> _What to do_:
Your answer should be a single number: the count of lines in the listing that contain "refers".

> _Supplied material_:
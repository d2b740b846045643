-- ===== src/Flow/Ageing.antt =====
-- FlowAgeTimeoutCB: which flows it takes out of the table.
use sec_fw.Common.{
  ℕ, zero, suc, ◌+◌, ◌^◌, ◌≤◌, ◌<◌, ◌≡◌, refl, sym, inl, inr, ap, subst, ◌∙◌, Bool, true, false,
  not, ◌&&◌, Bool-cases, ==_self, ==_of_ne, ◌==◌, if◌then◌else◌, List, [], ◌∷◌, arith, ◌⊎◌, ltb,
  leb, ◌||◌,
}
use sec_fw.Mbuf.{Mbuf}
use sec_fw.Flow.{
  FlowItem, FlowTable, flow_time_out, age_items, AgeContext, age_bucket, age_buckets,
  flow_age_timeout_cb, flow_bucket_num,
}
use sec_fw.Flow.Table.{matching, IsValid, fewer-IsValid}

-- The flows of a list that pass a test, in their order.
unfoldable pub select : (FlowItem → Bool) → List FlowItem → List FlowItem
select test [] = []
select test (f ∷ fs) = let rest = select test fs in if test f then f ∷ rest else rest

-- A flow of bucket `i` goes if neither lock is held by another core, no packet refers to it (its count, with
-- a sign, is not positive), and more than `timeout` cycles have gone by since it was used.
abbrev pub goes : AgeContext → ℕ → FlowItem → Bool
goes c i f =
    not (c.bucket_locked i)
    && not (c.item_locked f.addr)
    && (f.use_cnt == 0 || leb (2 ^ 31) f.use_cnt)
    && ltb (f.cycle + c.timeout) c.now

flow_time_out_lem :
    (timeout : ℕ) (f : FlowItem) (now : ℕ)
    → flow_time_out timeout f now
      ≡ ((f.use_cnt == 0 || leb (2 ^ 31) f.use_cnt) && ltb (f.cycle + timeout) now)
unfolding flow_time_out
flow_time_out_lem timeout f now = ground arith

module _ (c : AgeContext) (i : ℕ) (free : c.bucket_locked i ≡ false) where
  age_items-kept :
      (fs out : List FlowItem)
      → (age_items c.timeout c.item_locked c.now fs out).0 ≡ select (λ f. not (goes c i f)) fs
  unfolding age_items select
  age_items-kept [] out = refl
  age_items-kept (f ∷ fs) out = elim (Bool-cases (c.item_locked f.addr)) [
    | inl l ↦ rw (free, l) (ap (λ fs'. f ∷ fs') (age_items-kept fs out))
    | inr l ↦ elim (Bool-cases (flow_time_out c.timeout f c.now)) [
      | inl o ↦
          let over = sym (flow_time_out_lem c.timeout f c.now) ∙ o in
          rw (free, l, o, over) (age_items-kept fs (f ∷ out))
      | inr o ↦
          let over = sym (flow_time_out_lem c.timeout f c.now) ∙ o in
          rw (free, l, o, over) (ap (λ fs'. f ∷ fs') (age_items-kept fs out))
    ]
  ]

select-all :
    (test : FlowItem → Bool) (fs : List FlowItem)
    → ((f : FlowItem) → test f ≡ true)
    → select test fs ≡ fs
unfolding select
select-all test [] h = refl
select-all test (f ∷ fs) h = rw (h f) (ap (λ fs'. f ∷ fs') (select-all test fs h))

matching-select :
    (m : Mbuf) (test : FlowItem → Bool) (fs : List FlowItem)
    → matching m (select test fs) ≤ matching m fs
unfolding select matching
matching-select m test [] = omega arith
matching-select m test (f ∷ fs) = elim (Bool-cases (test f)) [
  | inl e ↦ rw e (omega (arith, matching-select m test fs))
  | inr e ↦ rw e (omega (arith, matching-select m test fs))
]

-- One turn of the loop.
abbrev survivors : AgeContext → FlowTable → ℕ → List FlowItem
survivors c t i = select (λ f. not (goes c i f)) (t.bucket i)

walked :
    (c : AgeContext) (t : FlowTable) (i : ℕ)
    → c.bucket_locked i ≡ false
    → (age_bucket c t i).0.bucket i ≡ (age_items c.timeout c.item_locked c.now (t.bucket i) []).0
unfolding age_bucket
walked c t i l = rw (l, ==_self i) refl

here : (c : AgeContext) (t : FlowTable) (i : ℕ) → (age_bucket c t i).0.bucket i ≡ survivors c t i
unfolding age_bucket
here c t i = elim (Bool-cases (c.bucket_locked i)) [
  | inl l ↦ rw l (sym (select-all _ (t.bucket i) (λ f. refl)))
  | inr l ↦ walked c t i l ∙ age_items-kept c i l (t.bucket i) []
]

age_bucket-bucket :
    (c : AgeContext) (t : FlowTable) (i j : ℕ)
    → (age_bucket c t i).0.bucket j ≡ (if i == j then survivors c t j else t.bucket j)
unfolding age_bucket
age_bucket-bucket c t i j = elim (Bool-cases (i == j)) [
  | inl e ↦
      let ij : i ≡ j = ground arith in
      rw e (subst (λ k. (age_bucket c t i).0.bucket k ≡ survivors c t k) ij (here c t i))
  | inr e ↦
      rw e (elim (Bool-cases (c.bucket_locked i)) [ inl l ↦ rw l refl | inr l ↦ rw (l, e) refl ])
]

age_bucket-IsValid :
    (c : AgeContext) (t : FlowTable) (i : ℕ) → IsValid t → IsValid (age_bucket c t i).0
unfolding age_bucket
age_bucket-IsValid c t i v = elim (Bool-cases (c.bucket_locked i)) [
  | inl l ↦ rw l v
  | inr l ↦ rw l (
      fewer-IsValid t v i _ t.new_flow _
        (λ q. rw (age_items-kept c i l (t.bucket i) []) (matching-select q _ (t.bucket i))))
]

age_buckets-IsValid :
    (c : AgeContext) (n i : ℕ) (t : FlowTable) → IsValid t → IsValid (age_buckets c n i t).0
unfolding age_buckets
age_buckets-IsValid c zero i t v = v
age_buckets-IsValid c (suc n) i t v =
    age_buckets-IsValid c n (suc i) (age_bucket c t i).0 (age_bucket-IsValid c t i v)

age_buckets-before :
    (c : AgeContext) (n i j : ℕ) (t : FlowTable)
    → j < i
    → (age_buckets c n i t).0.bucket j ≡ t.bucket j
unfolding age_buckets
age_buckets-before c zero i j t h = refl
age_buckets-before c (suc n) i j t h =
    age_buckets-before c n (suc i) j (age_bucket c t i).0 (omega arith)
    ∙ age_bucket-bucket c t i j
    ∙ rw (==_of_ne i j (omega arith)) refl

age_buckets-bucket :
    (c : AgeContext) (n i j : ℕ) (t : FlowTable)
    → i ≤ j
    → j < i + n
    → (age_buckets c n i t).0.bucket j ≡ survivors c t j
unfolding age_buckets
age_buckets-bucket c zero i j t h k = absurd (omega arith)
age_buckets-bucket c (suc n) i j t h k =
    let t' = (age_bucket c t i).0 in
    elim (Bool-cases (i == j)) [
      | inl e ↦
          age_buckets-before c n (suc i) j t' (ground arith) ∙ age_bucket-bucket c t i j ∙ rw e refl
      | inr e ↦
          age_buckets-bucket c n (suc i) j t' (ground arith) (omega arith)
          ∙ ap (select (λ f. not (goes c j f))) (age_bucket-bucket c t i j ∙ rw e refl)
    ]

age_buckets-beyond :
    (c : AgeContext) (n i j : ℕ) (t : FlowTable)
    → i + n ≤ j
    → (age_buckets c n i t).0.bucket j ≡ t.bucket j
unfolding age_buckets
age_buckets-beyond c zero i j t h = refl
age_buckets-beyond c (suc n) i j t h =
    age_buckets-beyond c n (suc i) j (age_bucket c t i).0 (omega arith)
    ∙ age_bucket-bucket c t i j
    ∙ rw (==_of_ne i j (omega arith)) refl

-- What the ageing makes of any bucket.
pub flow_age-either :
    (c : AgeContext) (t : FlowTable) (j : ℕ)
    → ((flow_age_timeout_cb c t).0.bucket j ≡ select (λ f. not (goes c j f)) (t.bucket j))
      ⊎ ((flow_age_timeout_cb c t).0.bucket j ≡ t.bucket j)
unfolding flow_age_timeout_cb
flow_age-either c t j = elim (Bool-cases (ltb j flow_bucket_num)) [
  | inl e ↦ inl (age_buckets-bucket c flow_bucket_num 0 j t (omega arith) (ground arith))
  | inr e ↦ inr (age_buckets-beyond c flow_bucket_num 0 j t (ground arith))
]

-- FlowAgeTimeoutCB takes out of every bucket the flows that no core has locked, alone or with the bucket,
-- whose use count is 0 or has its sign bit set, and whose cycle and the timeout add up to less than now;
-- all others stay, in their order, and the table stays well formed.
pub flow_age_timeout_cb-survivors :
    (c : AgeContext) (t : FlowTable)
    → IsValid t
    → IsValid (flow_age_timeout_cb c t).0
      × ((j : ℕ)
          → j < flow_bucket_num
          → (flow_age_timeout_cb c t).0.bucket j ≡ select (λ f. not (goes c j f)) (t.bucket j))
unfolding flow_age_timeout_cb
flow_age_timeout_cb-survivors c t v = (
  age_buckets-IsValid c flow_bucket_num 0 t v,
  λ j h. age_buckets-bucket c flow_bucket_num 0 j t (omega arith) h,
)

-- A flow that a packet refers to is never over its time.
pub referred-stays :
    (c : AgeContext) (j : ℕ) (f : FlowItem)
    → 0 < f.use_cnt
    → f.use_cnt < 2 ^ 31
    → goes c j f ≡ false
unfolding flow_time_out
referred-stays c j f h k = ground arith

> _Exercise result_:
2